───── SUPPLIED MATERIAL ─────
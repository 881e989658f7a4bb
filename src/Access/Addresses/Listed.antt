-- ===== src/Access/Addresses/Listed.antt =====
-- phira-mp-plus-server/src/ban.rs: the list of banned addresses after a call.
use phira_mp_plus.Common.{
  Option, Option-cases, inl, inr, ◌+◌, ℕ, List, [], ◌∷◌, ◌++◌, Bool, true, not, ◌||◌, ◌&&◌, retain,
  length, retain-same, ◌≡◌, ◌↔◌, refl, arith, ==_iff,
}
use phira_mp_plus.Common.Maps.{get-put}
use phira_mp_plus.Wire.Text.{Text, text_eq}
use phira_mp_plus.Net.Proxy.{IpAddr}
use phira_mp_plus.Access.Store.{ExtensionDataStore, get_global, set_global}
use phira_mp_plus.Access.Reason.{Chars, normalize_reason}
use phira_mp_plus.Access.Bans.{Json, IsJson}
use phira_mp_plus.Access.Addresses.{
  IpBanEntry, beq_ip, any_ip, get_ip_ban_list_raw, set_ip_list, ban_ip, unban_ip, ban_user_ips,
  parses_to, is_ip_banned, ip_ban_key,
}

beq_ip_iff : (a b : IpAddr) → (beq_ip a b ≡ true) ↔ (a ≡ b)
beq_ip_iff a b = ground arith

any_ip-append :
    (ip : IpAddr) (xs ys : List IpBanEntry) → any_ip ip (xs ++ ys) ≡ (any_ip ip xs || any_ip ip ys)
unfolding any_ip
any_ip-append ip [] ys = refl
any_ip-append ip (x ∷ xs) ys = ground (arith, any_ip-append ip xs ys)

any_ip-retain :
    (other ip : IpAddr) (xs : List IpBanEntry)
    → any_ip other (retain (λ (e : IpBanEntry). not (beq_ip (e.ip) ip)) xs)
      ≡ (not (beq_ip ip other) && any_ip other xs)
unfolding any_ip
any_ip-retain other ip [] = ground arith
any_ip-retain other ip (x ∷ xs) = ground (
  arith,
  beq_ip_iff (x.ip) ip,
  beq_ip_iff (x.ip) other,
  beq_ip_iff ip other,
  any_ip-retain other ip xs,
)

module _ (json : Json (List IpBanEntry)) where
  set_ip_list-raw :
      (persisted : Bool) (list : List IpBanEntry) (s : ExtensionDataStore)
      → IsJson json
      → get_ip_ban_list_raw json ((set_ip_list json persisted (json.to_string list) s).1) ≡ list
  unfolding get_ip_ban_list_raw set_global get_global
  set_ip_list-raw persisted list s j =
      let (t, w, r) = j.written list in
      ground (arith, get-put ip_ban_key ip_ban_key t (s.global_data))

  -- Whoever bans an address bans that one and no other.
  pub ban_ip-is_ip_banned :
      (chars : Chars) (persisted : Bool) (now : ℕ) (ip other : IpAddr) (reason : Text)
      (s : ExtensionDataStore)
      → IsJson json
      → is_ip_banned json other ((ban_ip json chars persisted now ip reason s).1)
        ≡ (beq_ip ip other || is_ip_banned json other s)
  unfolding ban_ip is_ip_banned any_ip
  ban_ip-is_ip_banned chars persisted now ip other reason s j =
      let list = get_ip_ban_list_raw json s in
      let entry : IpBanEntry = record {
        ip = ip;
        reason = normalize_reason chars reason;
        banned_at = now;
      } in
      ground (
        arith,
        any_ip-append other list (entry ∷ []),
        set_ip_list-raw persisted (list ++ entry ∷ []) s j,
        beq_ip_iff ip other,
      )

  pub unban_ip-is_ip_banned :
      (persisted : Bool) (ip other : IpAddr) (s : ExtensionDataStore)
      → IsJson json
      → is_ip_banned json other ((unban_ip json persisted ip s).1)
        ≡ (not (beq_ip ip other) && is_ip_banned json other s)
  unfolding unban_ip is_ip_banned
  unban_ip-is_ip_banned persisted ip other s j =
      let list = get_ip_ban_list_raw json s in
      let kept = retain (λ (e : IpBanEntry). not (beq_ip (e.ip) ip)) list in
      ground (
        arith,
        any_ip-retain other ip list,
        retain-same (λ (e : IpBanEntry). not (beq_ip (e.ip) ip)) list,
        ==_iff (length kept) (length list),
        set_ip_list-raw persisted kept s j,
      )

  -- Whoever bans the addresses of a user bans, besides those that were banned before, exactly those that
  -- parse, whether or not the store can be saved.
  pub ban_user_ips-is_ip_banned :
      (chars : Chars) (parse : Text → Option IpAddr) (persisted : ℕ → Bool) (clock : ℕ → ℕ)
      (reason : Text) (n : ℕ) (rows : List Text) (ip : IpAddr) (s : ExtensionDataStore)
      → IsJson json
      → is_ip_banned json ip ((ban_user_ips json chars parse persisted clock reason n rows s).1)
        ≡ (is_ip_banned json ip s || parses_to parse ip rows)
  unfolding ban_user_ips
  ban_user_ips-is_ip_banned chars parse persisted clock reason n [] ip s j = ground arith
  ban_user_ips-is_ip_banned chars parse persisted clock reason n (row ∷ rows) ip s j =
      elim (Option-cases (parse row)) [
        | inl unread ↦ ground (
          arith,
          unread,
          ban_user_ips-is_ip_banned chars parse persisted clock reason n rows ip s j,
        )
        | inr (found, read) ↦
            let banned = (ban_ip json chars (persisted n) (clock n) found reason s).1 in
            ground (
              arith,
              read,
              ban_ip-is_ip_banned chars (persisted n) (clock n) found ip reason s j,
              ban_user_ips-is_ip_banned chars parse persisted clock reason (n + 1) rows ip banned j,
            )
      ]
─────
# TASK TO CARRY OUT
Among the lines of the listing above, which ones contain the word "antt"? Show them.

# EXERCISE RESULT
filename src/Access/Addresses/Listed.antt
-- ===== src/Access/Addresses/Listed.antt =====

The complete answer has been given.